Corría el año de 1834 y, servidor, casi siete años después de haber tomado el santo hábito, estaba bien dispuesto para recibir las Sagradas Órdenes.
(…) La vida del monje busca alcanzar un equilibrio entre lo divino y lo humano, lo sublime y lo material y, ciertamente, la arquitectura de nuestras casas quiere ser una síntesis de todo ello. Un monasterio es como una parte del cielo en medio de la tierra, una antesala del paraíso, un espacio consagrado y habitado por hombres o mujeres igualmente consagradas. A punto de ordenarme sacerdote, sentía que mi vida y los espacios que ocupaba compartían el mismo anhelo: ser de Dios y solo para Dios.

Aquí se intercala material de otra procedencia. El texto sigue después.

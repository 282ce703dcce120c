-- ===== src/Staging.antt =====
-- src/staging.rs: the ring of dma-bufs that a shared-memory surface is copied into. Outside a slot's
-- memory the model keeps its uid, the commit whose content it holds, and how many clones of its hold
-- live besides the ring's own. Sizes and formats are numbers; what the allocator and the copy answer
-- is given.
pub mod Copy
pub mod Rows
pub mod Copied
pub mod Within
pub mod Bounds
pub mod Busy
pub mod Content
use ihs_wl_server.Prelude.{
  ◌-◌, ℕ, suc, ◌+◌, Bool, true, false, not, ◌&&◌, ◌||◌, List, [], ◌∷◌, ◌++◌, map, Option, none,
  some, ◌==◌, ltb, if◌then◌else◌, length, get_elem?, set,
}

abbrev pub max_slots : ℕ
max_slots = 4

pub record Slot : Type 0 where
  pub uid : ℕ
  pub commit : Option ℕ
  pub clones : ℕ

pub record Ring : Type 0 where
  pub width : ℕ
  pub height : ℕ
  pub fourcc : Option ℕ
  pub slots : List Slot
  pub newest : Option ℕ

abbrev pub empty : Ring
empty = record { width = 0; height = 0; fourcc = none; slots = []; newest = none }

-- What `stage` is called with: the client buffer's size and format, the surface's current commit,
-- whether a slot can be allocated, and whether the copy into the slot succeeds.
pub record Request : Type 0 where
  pub width : ℕ
  pub height : ℕ
  pub fourcc : ℕ
  pub commit : ℕ
  pub allocates : Bool
  pub copies : Bool

-- The slot to show, by its uid and index; and whether it was written now.
pub record Staged : Type 0 where
  pub index : ℕ
  pub uid : ℕ
  pub written : Bool

-- The stager's uid counter, the ring, the uids retired, and the slot to show.
pub record Outcome : Type 0 where
  pub next_uid : ℕ
  pub ring : Ring
  pub retired : List ℕ
  pub staged : Option Staged

abbrev pub option_eq : Option ℕ → ℕ → Bool
option_eq none n = false
option_eq (some m) n = m == n

-- Another size or format: the slots are dropped and the ring starts over.
unfoldable pub refit : Request → Ring → Ring × List ℕ
refit q r =
    if not (r.width == q.width) || not (r.height == q.height) || not (option_eq r.fourcc q.fourcc)
    then (
      record {
        width = q.width;
        height = q.height;
        fourcc = some q.fourcc;
        slots = [];
        newest = none;
      },
      map (λ (s : Slot). s.uid) r.slots,
    )
    else (r, [])

-- The index of the first slot that only the ring holds.
unfoldable pub free_slot : List Slot → Option ℕ
free_slot [] = none
free_slot (s ∷ ss) = elim (free_slot ss) [
  | none ↦ if s.clones == 0 then some 0 else none
  | some i ↦ if s.clones == 0 then some 0 else some (suc i)
]

-- The slot is shown: its hold is cloned.
abbrev pub shown : Slot → Slot
shown s = record s { clones = s.clones + 1 }

-- Show the slot again, unchanged.
unfoldable pub show_again : ℕ → Ring → List ℕ → ℕ → Slot → Outcome
show_again next r retired i s = record {
  next_uid = next;
  ring = record r { slots = set r.slots i (shown s) };
  retired = retired;
  staged = some (record { index = i; uid = s.uid; written = false });
}

abbrev pub nothing : ℕ → Ring → List ℕ → Outcome
nothing next r retired = record { next_uid = next; ring = r; retired = retired; staged = none }

-- Copy into the slot at the index; a failed copy ends the call, with the slot kept.
unfoldable pub write_slot : Request → ℕ → Ring → List ℕ → ℕ → Slot → Outcome
write_slot q next r retired i s =
    if q.copies
    then record {
      next_uid = next;
      ring = record r {
        slots = set r.slots i (shown (record s { commit = some q.commit }));
        newest = some i;
      };
      retired = retired;
      staged = some (record { index = i; uid = s.uid; written = true });
    }
    else nothing next r retired

abbrev pub slot_of : Ring → Option ℕ → Option (ℕ × Slot)
slot_of r none = none
slot_of r (some i) = elim (get_elem? r.slots i) [ none ↦ none | some s ↦ some (i, s) ]

abbrev pub fresh : ℕ → Slot
fresh uid = record { uid = uid; commit = none; clones = 0 }

-- A slot allocated for the copy. A failed allocation uses up the uid.
unfoldable pub add_slot : Request → ℕ → Ring → List ℕ → Outcome
unfolding write_slot
add_slot q next r retired =
    let s : Slot = fresh (next + 1) in
    let grown : Ring = record r { slots = r.slots ++ s ∷ [] } in
    if q.allocates
    then write_slot q (next + 1) grown retired (length r.slots) s
    else nothing (next + 1) r retired

-- The newest slot again, or nothing if none was ever filled.
unfoldable pub show_newest : ℕ → Ring → List ℕ → Outcome
unfolding show_again
show_newest next r retired = elim (slot_of r r.newest) [
  | none ↦ nothing next r retired
  | some (i, s) ↦ show_again next r retired i s
]

-- With no slot free: another, up to the limit; else the newest again.
unfoldable pub grow : Request → ℕ → Ring → List ℕ → Outcome
grow q next r retired =
    if ltb (length r.slots) max_slots then add_slot q next r retired else show_newest next r retired

abbrev pub is_current : Request → Option (ℕ × Slot) → Bool
is_current q none = false
is_current q (some (i, s)) = option_eq s.commit q.commit

-- A copy into the first free slot, or into one more.
unfoldable pub refill : Request → ℕ → Ring → List ℕ → Outcome
refill q next r retired = elim (slot_of r (free_slot r.slots)) [
  | some (i, s) ↦ write_slot q next r retired i s
  | none ↦ grow q next r retired
]

-- The part of `stage` after the ring fits the buffer: a commit that the newest slot already holds is
-- shown with no copy.
unfoldable pub fill : Request → ℕ → Ring → List ℕ → Outcome
fill q next r retired =
    if is_current q (slot_of r r.newest)
    then show_newest next r retired
    else refill q next r retired

unfoldable pub stage : Request → ℕ → Ring → Outcome
stage q next r = let (r', retired) = refit q r in fill q next r' retired

unfoldable pub drop_ring : Ring → Ring × List ℕ
drop_ring r = (empty, map (λ (s : Slot). s.uid) r.slots)

-- The shell, or the view's holds, drop a clone of the slot's hold.
unfoldable pub drop_clone : ℕ → List Slot → List Slot
drop_clone uid [] = []
drop_clone uid (s ∷ ss) =
    (if s.uid == uid then record s { clones = s.clones - 1 } else s) ∷ drop_clone uid ss
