-- ===== src/Staging/Busy.antt =====
-- A slot that the shell may read is never written by `stage` of src/staging.rs.
use ihs_wl_server.Prelude.{
  ==_iff, ℕ, suc, ◌+◌, ◌<◌, ◌≤◌, true, false, List, [], ◌∷◌, ◌++◌, Option, none, some, ◌==◌, ltb,
  length, get_elem?, arith, ◌≡◌, refl, get_elem?-set, get_elem?-lt, get_elem?-append,
  get_elem?-snoc, Option-cases, Bool-cases, inl, inr,
}
use ihs_wl_server.Staging.{
  Slot, Ring, Request, refit, free_slot, shown, show_again, write_slot, slot_of, fresh, grow,
  add_slot, show_newest, refill, is_current, fill, stage, max_slots,
}

-- The slot still has its content: nothing was copied into it.
abbrev pub SameContent : Slot → Option Slot → Type 0
SameContent s none = ⊥
SameContent s (some t) = (t.uid ≡ s.uid) × (t.commit ≡ s.commit) × (s.clones ≤ t.clones)

the_first :
    (s : Slot) (ss : List Slot) (i : ℕ)
    → (s.clones == 0) ≡ true
    → free_slot (s ∷ ss) ≡ some i
    → i ≡ 0
unfolding free_slot
the_first s ss i z e = ground arith

a_later :
    (s : Slot) (ss : List Slot) (i : ℕ)
    → (s.clones == 0) ≡ false
    → free_slot (s ∷ ss) ≡ some i
    → (j : ℕ) × (free_slot ss ≡ some j) × (i ≡ suc j)
unfolding free_slot
a_later s ss i z e = elim (Option-cases (free_slot ss)) [
  | inl f ↦ absurd (ground (arith, f, e, z))
  | inr (j, f) ↦ (j, f, ground (arith, f, e, z))
]

-- A slot that is looked up by an optional index.
pub slot_of-get :
    (r : Ring) (o : Option ℕ) (i : ℕ) (s : Slot)
    → slot_of r o ≡ some (i, s)
    → get_elem? r.slots i ≡ some s
slot_of-get r none i s e = cc
slot_of-get r (some k) i s e = ground (arith, e)

pub free_slot-free :
    (ss : List Slot) (i : ℕ)
    → free_slot ss ≡ some i
    → (s : Slot) × (get_elem? ss i ≡ some s) × (s.clones ≡ 0)
unfolding free_slot
free_slot-free [] i e = cc
free_slot-free (s ∷ ss) i e = elim (Bool-cases (s.clones == 0)) [
  | inl z ↦ rw (the_first s ss i z e) (s, refl, (==_iff s.clones 0).0 z)
  | inr p ↦ let (j, f, h) = a_later s ss i p e in rw h (free_slot-free ss j f)
]

slot_of-free :
    (r : Ring) (i : ℕ) (s : Slot) → slot_of r (free_slot r.slots) ≡ some (i, s) → s.clones ≡ 0
slot_of-free r i s e = elim (Option-cases (free_slot r.slots)) [
  | inl f ↦ absurd (ground (arith, f, e))
  | inr (k, f) ↦ ground (arith, free_slot-free r.slots k f, f, e)
]

pub refit_same :
    (q : Request) (r : Ring)
    → r.width ≡ q.width
    → r.height ≡ q.height
    → r.fourcc ≡ some q.fourcc
    → refit q r ≡ (r, [])
unfolding refit
refit_same q r w h f = ground arith

module _ (q : Request) (next : ℕ) (r : Ring) (retired : List ℕ) (j : ℕ) (t : Slot)
    (at : get_elem? r.slots j ≡ some t) where
  unchanged : SameContent t (get_elem? r.slots j)
  unchanged = rw at (refl, refl, omega arith)

  show_again-SameContent :
      (i : ℕ) (s : Slot)
      → get_elem? r.slots i ≡ some s
      → SameContent t (get_elem? (show_again next r retired i s).ring.slots j)
  unfolding show_again
  show_again-SameContent i s e =
      rw (get_elem?-set r.slots i j (shown s) (get_elem?-lt r.slots i s e)) (ground (arith, e, at))

  show_newest-SameContent : SameContent t (get_elem? (show_newest next r retired).ring.slots j)
  unfolding show_newest
  show_newest-SameContent = elim (Option-cases (slot_of r r.newest)) [
    | inl e ↦ rw (e, show_newest) unchanged
    | inr ((i, s), e) ↦
        rw (e, show_newest) (show_again-SameContent i s (slot_of-get r r.newest i s e))
  ]

  write_slot-SameContent :
      (i : ℕ) (s : Slot)
      → get_elem? r.slots i ≡ some s
      → s.clones ≡ 0
      → 0 < t.clones
      → SameContent t (get_elem? (write_slot q next r retired i s).ring.slots j)
  unfolding write_slot
  write_slot-SameContent i s e z busy = elim (Bool-cases q.copies) [
    | inl c ↦ rw c (
        rw
          (get_elem?-set r.slots i j (shown (record s { commit = some q.commit }))
            (get_elem?-lt r.slots i s e))
          (ground (arith, e, at, z, busy)))
    | inr c ↦ rw c (unchanged)
  ]

module _ (q : Request) (next : ℕ) (r : Ring) (retired : List ℕ) (j : ℕ) (t : Slot)
    (at : get_elem? r.slots j ≡ some t) (busy : 0 < t.clones) where
  add_slot-SameContent : SameContent t (get_elem? (add_slot q next r retired).ring.slots j)
  unfolding add_slot
  add_slot-SameContent =
      let s : Slot = fresh (next + 1) in
      let grown : Ring = record r { slots = r.slots ++ s ∷ [] } in
      elim (Bool-cases q.allocates) [
        | inl a ↦ rw a (
            write_slot-SameContent q (next + 1) grown retired j t
              (get_elem?-append r.slots (s ∷ []) j t at) (length r.slots) s
              (get_elem?-snoc r.slots s) refl busy)
        | inr a ↦ rw a (unchanged q next r retired j t at)
      ]

  grow-SameContent : SameContent t (get_elem? (grow q next r retired).ring.slots j)
  unfolding grow
  grow-SameContent = elim (Bool-cases (ltb (length r.slots) max_slots)) [
    | inl c ↦ rw c add_slot-SameContent
    | inr c ↦ rw c (show_newest-SameContent q next r retired j t at)
  ]

  refill-SameContent : SameContent t (get_elem? (refill q next r retired).ring.slots j)
  unfolding refill
  refill-SameContent = elim (Option-cases (slot_of r (free_slot r.slots))) [
    | inl e ↦ rw (e, refill) grow-SameContent
    | inr ((i, s), e) ↦
        rw (e, refill)
          (write_slot-SameContent q next r retired j t at i s
            (slot_of-get r (free_slot r.slots) i s e) (slot_of-free r i s e) busy)
  ]

  fill-SameContent : SameContent t (get_elem? (fill q next r retired).ring.slots j)
  unfolding fill
  fill-SameContent = elim (Bool-cases (is_current q (slot_of r r.newest))) [
    | inl c ↦ rw c (show_newest-SameContent q next r retired j t at)
    | inr c ↦ rw c refill-SameContent
  ]

-- While the surface keeps its size and format, a slot that the shell or a view's holds may still
-- read keeps its content and its place, whatever the next commit does.
pub stage-SameContent :
    (q : Request) (next : ℕ) (r : Ring) (j : ℕ) (t : Slot)
    → r.width ≡ q.width
    → r.height ≡ q.height
    → r.fourcc ≡ some q.fourcc
    → get_elem? r.slots j ≡ some t
    → 0 < t.clones
    → SameContent t (get_elem? (stage q next r).ring.slots j)
unfolding stage
stage-SameContent q next r j t w h f at busy =
    rw (refit_same q r w h f) (fill-SameContent q next r [] j t at busy)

(…) Pasado el verano de 1834, atravesé nuevamente el umbral de San Martín Pinaro, en Santiago de Compostela, ya no como un postulante asustadizo, sino como un prometedor subdiácono que esperaba ser considerado digno de acceder al diaconado y al sagrado ministerio sacerdotal. Fueron meses intensos de oración y de gracia; estaba a punto de formar parte del orden de los sacerdotes y, si ya servía al Señor como monje, a partir de entonces tendría que aquilatar y cualificar mi entrega: ser más coherente y fiel, cumplir íntegro el Evangelio para así testimoniarlo primero y después predicarlo. Tuve mis luchas internas; tenía que ser verdaderamente consciente del paso que estaba a punto de dar. El Señor me ayudó y mis hermanos monjes nunca me negaron su apoyo.
En la fiesta de los Santos Inocentes del año 1834 ingresé en el Orden de los diáconos y la víspera de mi santo, el 18 de marzo del tristemente famoso 1835, Fray Rafael de Vélez, arzobispo de Compostela, tuvo a bien promoverme a la sagrada orden del presbiterado. Al día siguiente, en el momento de ofrecer la primera misa, las lágrimas corrían por mis ojos; se concentraban demasiados acontecimientos en uno solo: el domingo de Ramos, el día de mi santo patrón San José, la gracia de ser ministro del Señor, la memoria de mis padres difuntos y la presencia ausente de los seres queridos que tan lejos de mí se encontraban. Hice de misacantano en el altar mayor de Nuestra Señora del Socorro, que hermoseaba la Iglesia de nuestro monasterio.
¡Casualidad o providencia! Hoy que, con las Oblatas del Santísimo Redentor, tan a menudo pongo en mis labios esta divina advocación del Perpetuo Socorro, no me cabe duda de que la Providencia divina, desde muy pronto, me fue guiando por caminos que solo ahora comprendo.